**** Extracted records

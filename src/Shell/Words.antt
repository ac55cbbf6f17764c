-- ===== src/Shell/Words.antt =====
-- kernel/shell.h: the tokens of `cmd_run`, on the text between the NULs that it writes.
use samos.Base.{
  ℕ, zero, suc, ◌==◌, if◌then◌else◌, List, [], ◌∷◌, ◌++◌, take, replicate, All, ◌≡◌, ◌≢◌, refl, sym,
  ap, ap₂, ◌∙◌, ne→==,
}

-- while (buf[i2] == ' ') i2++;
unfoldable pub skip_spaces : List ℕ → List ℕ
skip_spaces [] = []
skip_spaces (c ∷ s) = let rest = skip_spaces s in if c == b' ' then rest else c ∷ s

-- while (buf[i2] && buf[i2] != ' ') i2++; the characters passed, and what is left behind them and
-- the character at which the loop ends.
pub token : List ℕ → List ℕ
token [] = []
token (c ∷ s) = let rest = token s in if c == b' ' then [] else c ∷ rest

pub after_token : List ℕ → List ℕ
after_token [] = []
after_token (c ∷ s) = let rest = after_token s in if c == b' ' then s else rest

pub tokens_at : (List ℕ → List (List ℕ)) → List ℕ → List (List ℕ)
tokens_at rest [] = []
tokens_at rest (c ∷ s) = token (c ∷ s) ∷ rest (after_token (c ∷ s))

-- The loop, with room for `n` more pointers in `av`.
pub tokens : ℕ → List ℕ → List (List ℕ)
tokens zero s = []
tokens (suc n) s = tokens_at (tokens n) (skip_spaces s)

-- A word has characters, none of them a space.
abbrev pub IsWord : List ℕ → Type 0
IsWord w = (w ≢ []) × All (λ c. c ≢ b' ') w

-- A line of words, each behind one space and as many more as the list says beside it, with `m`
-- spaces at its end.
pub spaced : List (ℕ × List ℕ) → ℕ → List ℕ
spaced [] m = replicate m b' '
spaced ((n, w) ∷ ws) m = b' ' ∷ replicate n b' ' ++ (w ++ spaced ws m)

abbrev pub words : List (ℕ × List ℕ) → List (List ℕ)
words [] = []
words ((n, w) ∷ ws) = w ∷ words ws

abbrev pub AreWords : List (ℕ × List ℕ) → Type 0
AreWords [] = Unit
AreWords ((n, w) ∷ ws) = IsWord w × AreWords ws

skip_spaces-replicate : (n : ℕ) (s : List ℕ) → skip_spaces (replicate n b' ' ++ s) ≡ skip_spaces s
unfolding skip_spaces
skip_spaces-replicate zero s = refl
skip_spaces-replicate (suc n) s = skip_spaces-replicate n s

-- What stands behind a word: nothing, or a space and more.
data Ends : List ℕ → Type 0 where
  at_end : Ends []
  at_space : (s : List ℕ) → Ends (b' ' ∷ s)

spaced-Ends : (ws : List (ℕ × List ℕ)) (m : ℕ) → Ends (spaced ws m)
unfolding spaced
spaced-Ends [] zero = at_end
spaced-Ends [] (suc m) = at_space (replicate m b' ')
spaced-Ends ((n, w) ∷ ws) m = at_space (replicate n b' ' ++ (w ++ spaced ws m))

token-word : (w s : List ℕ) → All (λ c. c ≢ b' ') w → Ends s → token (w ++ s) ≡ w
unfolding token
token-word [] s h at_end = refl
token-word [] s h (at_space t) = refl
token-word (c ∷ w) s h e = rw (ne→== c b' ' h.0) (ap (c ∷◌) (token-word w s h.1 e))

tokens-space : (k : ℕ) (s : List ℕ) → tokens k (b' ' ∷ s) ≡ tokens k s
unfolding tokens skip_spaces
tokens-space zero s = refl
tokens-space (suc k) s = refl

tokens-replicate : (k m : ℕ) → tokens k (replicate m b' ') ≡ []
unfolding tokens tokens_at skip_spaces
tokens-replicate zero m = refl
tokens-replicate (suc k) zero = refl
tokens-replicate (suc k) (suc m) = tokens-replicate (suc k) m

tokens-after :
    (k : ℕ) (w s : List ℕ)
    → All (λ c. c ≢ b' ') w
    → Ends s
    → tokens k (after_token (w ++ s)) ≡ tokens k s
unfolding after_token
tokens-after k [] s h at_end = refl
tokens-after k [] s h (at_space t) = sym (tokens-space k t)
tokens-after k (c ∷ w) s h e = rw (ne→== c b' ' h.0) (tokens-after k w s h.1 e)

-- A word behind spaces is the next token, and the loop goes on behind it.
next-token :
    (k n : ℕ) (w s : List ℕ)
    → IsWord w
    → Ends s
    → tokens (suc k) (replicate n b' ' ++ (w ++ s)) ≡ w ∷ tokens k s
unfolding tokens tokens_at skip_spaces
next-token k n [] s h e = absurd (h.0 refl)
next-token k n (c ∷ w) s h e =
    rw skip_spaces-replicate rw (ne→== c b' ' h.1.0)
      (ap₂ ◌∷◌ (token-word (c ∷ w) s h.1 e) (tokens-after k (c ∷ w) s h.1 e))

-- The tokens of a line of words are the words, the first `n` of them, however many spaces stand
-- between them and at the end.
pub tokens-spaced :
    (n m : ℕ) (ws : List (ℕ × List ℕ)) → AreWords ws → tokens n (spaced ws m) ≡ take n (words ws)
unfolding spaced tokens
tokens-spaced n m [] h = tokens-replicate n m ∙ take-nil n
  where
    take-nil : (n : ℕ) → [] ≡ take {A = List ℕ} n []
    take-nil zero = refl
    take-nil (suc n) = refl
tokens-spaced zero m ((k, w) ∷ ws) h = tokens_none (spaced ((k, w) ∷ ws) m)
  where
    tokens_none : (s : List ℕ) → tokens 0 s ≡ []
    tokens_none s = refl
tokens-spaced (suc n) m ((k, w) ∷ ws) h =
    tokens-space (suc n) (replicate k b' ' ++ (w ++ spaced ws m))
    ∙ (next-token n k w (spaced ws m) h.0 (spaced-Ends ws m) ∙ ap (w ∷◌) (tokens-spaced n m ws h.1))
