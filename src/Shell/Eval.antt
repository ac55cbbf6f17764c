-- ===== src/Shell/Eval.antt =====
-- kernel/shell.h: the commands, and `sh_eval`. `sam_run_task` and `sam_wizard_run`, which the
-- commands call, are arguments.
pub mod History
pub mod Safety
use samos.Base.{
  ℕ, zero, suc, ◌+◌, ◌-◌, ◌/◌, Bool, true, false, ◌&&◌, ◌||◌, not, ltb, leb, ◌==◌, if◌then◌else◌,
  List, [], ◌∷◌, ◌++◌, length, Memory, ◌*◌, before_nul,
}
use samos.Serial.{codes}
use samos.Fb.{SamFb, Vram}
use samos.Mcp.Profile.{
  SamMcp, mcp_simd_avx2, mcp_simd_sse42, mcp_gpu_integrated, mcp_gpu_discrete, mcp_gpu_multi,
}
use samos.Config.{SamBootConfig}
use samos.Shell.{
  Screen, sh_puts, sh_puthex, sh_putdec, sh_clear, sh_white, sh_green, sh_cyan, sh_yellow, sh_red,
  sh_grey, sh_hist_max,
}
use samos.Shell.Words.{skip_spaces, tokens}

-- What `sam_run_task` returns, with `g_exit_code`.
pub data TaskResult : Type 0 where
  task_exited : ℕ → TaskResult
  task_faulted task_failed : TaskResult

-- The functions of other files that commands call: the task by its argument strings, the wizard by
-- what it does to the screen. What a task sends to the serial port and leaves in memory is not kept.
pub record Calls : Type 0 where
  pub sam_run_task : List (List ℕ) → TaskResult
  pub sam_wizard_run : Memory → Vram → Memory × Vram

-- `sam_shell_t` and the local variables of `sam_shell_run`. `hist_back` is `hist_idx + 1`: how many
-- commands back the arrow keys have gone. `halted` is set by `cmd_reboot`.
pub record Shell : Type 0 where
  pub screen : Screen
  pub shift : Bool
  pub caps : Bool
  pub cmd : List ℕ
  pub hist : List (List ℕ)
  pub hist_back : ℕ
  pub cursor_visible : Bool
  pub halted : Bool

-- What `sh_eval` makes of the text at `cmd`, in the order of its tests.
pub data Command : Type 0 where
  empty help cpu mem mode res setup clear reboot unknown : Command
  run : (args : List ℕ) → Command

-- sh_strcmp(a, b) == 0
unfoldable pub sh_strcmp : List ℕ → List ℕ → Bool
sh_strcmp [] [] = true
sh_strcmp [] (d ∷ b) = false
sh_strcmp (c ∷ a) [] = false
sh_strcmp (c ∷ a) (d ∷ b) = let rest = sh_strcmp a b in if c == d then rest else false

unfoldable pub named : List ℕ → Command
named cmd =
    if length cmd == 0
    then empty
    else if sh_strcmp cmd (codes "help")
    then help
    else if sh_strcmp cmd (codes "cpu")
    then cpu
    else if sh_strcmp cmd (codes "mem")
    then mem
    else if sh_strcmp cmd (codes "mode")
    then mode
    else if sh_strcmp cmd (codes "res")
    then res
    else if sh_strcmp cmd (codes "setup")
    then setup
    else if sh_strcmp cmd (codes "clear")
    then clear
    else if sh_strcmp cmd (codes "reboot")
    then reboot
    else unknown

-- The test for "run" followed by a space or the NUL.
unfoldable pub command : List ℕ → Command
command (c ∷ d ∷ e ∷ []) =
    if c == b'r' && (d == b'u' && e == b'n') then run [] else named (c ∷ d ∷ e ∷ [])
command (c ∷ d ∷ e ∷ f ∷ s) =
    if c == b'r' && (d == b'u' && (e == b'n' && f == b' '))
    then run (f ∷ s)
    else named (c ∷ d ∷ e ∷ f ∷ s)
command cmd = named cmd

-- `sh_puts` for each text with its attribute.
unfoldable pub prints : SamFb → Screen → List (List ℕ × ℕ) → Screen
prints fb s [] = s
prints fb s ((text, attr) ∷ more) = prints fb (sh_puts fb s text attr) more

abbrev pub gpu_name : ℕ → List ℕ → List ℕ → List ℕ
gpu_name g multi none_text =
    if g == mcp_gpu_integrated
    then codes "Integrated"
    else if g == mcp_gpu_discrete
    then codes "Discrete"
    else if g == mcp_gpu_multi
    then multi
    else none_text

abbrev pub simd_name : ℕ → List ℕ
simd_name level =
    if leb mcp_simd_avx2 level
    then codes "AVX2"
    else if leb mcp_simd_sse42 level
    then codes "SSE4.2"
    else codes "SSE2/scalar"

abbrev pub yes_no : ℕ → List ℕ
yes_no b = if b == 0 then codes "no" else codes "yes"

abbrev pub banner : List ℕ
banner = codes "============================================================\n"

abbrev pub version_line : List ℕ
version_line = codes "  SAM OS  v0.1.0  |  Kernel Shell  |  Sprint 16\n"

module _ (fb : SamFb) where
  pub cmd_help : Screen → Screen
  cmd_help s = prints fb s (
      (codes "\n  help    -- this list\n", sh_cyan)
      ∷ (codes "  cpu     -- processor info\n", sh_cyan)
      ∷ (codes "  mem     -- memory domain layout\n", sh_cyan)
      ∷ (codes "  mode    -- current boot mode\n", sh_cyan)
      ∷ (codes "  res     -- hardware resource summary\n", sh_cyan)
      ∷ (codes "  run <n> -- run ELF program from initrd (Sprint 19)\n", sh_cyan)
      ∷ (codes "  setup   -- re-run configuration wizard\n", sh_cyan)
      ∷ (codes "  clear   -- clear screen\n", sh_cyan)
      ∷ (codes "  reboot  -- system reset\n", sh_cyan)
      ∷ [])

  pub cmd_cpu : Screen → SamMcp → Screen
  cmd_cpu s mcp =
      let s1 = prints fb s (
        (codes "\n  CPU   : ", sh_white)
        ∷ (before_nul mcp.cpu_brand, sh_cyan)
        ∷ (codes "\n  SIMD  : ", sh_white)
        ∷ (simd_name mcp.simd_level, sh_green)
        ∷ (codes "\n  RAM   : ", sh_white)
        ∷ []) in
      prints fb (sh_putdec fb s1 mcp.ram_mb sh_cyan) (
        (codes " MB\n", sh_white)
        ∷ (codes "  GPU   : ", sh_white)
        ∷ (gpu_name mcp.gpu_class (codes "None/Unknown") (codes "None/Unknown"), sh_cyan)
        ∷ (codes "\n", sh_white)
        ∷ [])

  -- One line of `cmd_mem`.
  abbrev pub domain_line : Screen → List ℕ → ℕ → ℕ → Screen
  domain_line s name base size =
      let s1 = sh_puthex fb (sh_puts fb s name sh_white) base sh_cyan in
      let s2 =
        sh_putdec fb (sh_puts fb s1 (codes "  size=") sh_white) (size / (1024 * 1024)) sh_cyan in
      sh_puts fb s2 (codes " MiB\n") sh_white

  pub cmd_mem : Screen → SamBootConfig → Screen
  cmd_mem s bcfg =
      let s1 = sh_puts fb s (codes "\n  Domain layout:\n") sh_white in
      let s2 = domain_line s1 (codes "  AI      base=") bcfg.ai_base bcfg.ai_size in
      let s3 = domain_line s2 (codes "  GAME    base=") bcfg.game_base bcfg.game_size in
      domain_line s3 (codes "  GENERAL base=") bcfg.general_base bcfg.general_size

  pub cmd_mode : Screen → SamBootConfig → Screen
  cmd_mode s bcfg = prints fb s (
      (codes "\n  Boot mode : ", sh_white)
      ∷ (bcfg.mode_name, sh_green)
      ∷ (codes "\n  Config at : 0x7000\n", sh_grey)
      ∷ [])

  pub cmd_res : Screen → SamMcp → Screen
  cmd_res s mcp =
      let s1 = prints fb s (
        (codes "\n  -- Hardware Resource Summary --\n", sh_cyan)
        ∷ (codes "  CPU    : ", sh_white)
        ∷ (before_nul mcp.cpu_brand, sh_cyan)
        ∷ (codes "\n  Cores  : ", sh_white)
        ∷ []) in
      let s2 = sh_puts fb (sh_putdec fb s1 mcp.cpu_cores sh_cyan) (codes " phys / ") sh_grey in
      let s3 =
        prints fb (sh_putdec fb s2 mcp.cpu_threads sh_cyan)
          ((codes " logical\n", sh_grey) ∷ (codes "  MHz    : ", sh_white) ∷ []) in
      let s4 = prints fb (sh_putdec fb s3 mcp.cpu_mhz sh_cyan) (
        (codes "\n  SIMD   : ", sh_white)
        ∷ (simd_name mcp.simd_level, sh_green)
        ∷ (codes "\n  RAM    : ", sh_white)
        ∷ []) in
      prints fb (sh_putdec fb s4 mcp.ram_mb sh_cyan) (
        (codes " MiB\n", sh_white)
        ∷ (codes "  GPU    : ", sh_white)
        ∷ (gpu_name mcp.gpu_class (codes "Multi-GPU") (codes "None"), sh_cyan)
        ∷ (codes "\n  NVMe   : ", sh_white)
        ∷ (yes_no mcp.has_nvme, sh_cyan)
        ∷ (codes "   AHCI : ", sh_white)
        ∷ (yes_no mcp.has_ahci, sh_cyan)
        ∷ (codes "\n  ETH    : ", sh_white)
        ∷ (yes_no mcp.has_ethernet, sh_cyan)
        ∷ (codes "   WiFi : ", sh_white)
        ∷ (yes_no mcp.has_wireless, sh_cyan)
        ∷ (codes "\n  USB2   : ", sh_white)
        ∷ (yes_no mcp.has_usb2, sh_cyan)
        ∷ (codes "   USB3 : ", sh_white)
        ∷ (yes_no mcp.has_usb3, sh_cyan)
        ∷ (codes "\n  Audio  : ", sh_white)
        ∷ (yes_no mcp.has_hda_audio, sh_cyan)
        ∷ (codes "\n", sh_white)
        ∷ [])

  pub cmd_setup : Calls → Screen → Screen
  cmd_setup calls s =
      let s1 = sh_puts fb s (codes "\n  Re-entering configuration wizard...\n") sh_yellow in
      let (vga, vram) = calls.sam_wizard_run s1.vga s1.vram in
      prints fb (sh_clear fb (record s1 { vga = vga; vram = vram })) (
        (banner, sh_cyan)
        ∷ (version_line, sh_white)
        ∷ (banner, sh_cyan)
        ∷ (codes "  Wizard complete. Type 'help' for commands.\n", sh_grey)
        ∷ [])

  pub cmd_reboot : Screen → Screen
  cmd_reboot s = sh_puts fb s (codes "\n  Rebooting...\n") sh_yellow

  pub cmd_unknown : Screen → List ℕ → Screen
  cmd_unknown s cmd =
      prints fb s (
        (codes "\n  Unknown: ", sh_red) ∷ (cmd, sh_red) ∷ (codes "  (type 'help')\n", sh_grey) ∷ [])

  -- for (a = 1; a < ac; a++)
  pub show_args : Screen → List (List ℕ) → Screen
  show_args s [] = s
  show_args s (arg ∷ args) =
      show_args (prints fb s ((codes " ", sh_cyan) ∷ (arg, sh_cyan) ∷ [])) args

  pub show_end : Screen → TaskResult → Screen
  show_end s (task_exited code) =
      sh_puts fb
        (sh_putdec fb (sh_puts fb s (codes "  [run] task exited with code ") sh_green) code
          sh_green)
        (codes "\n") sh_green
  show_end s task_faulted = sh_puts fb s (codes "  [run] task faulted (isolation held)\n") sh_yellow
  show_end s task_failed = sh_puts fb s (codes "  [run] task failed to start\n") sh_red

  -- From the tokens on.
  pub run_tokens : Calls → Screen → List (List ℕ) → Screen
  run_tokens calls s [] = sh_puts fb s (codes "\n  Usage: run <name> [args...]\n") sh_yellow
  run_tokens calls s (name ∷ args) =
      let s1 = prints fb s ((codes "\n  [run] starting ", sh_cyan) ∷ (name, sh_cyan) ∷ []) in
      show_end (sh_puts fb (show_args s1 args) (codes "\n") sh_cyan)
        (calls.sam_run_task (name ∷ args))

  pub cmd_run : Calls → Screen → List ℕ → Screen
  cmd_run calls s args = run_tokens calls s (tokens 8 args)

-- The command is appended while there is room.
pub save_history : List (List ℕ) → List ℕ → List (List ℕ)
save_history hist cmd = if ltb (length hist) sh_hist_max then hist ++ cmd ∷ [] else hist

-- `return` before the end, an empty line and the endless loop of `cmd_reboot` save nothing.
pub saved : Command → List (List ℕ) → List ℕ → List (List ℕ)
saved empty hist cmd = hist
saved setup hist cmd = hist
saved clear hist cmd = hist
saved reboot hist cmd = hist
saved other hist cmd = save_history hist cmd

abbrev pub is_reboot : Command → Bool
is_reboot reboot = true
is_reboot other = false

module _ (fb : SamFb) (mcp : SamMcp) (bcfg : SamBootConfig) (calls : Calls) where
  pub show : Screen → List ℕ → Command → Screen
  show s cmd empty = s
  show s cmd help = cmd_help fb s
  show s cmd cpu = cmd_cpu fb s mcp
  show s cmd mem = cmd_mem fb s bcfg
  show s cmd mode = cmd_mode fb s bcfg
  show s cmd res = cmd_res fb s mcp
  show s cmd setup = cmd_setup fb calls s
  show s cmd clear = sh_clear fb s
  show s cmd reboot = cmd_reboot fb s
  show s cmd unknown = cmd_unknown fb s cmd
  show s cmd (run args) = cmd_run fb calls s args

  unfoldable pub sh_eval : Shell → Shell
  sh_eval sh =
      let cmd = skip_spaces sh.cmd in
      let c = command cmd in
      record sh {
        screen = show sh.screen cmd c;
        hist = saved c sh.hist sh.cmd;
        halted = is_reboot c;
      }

********

### Instructions to follow
Begin with the line above that has "spaced-Ends : (ws" and continue through the line that has "tokens-space zero s = refl", setting each one down exactly. Stop there.

### Completed task
spaced-Ends : (ws : List (ℕ × List ℕ)) (m : ℕ) → Ends (spaced ws m)
unfolding spaced
spaced-Ends [] zero = at_end
spaced-Ends [] (suc m) = at_space (replicate m b' ')
spaced-Ends ((n, w) ∷ ws) m = at_space (replicate n b' ' ++ (w ++ spaced ws m))

token-word : (w s : List ℕ) → All (λ c. c ≢ b' ') w → Ends s → token (w ++ s) ≡ w
unfolding token
token-word [] s h at_end = refl
token-word [] s h (at_space t) = refl
token-word (c ∷ w) s h e = rw (ne→== c b' ' h.0) (ap (c ∷◌) (token-word w s h.1 e))

tokens-space : (k : ℕ) (s : List ℕ) → tokens k (b' ' ∷ s) ≡ tokens k s
unfolding tokens skip_spaces
tokens-space zero s = refl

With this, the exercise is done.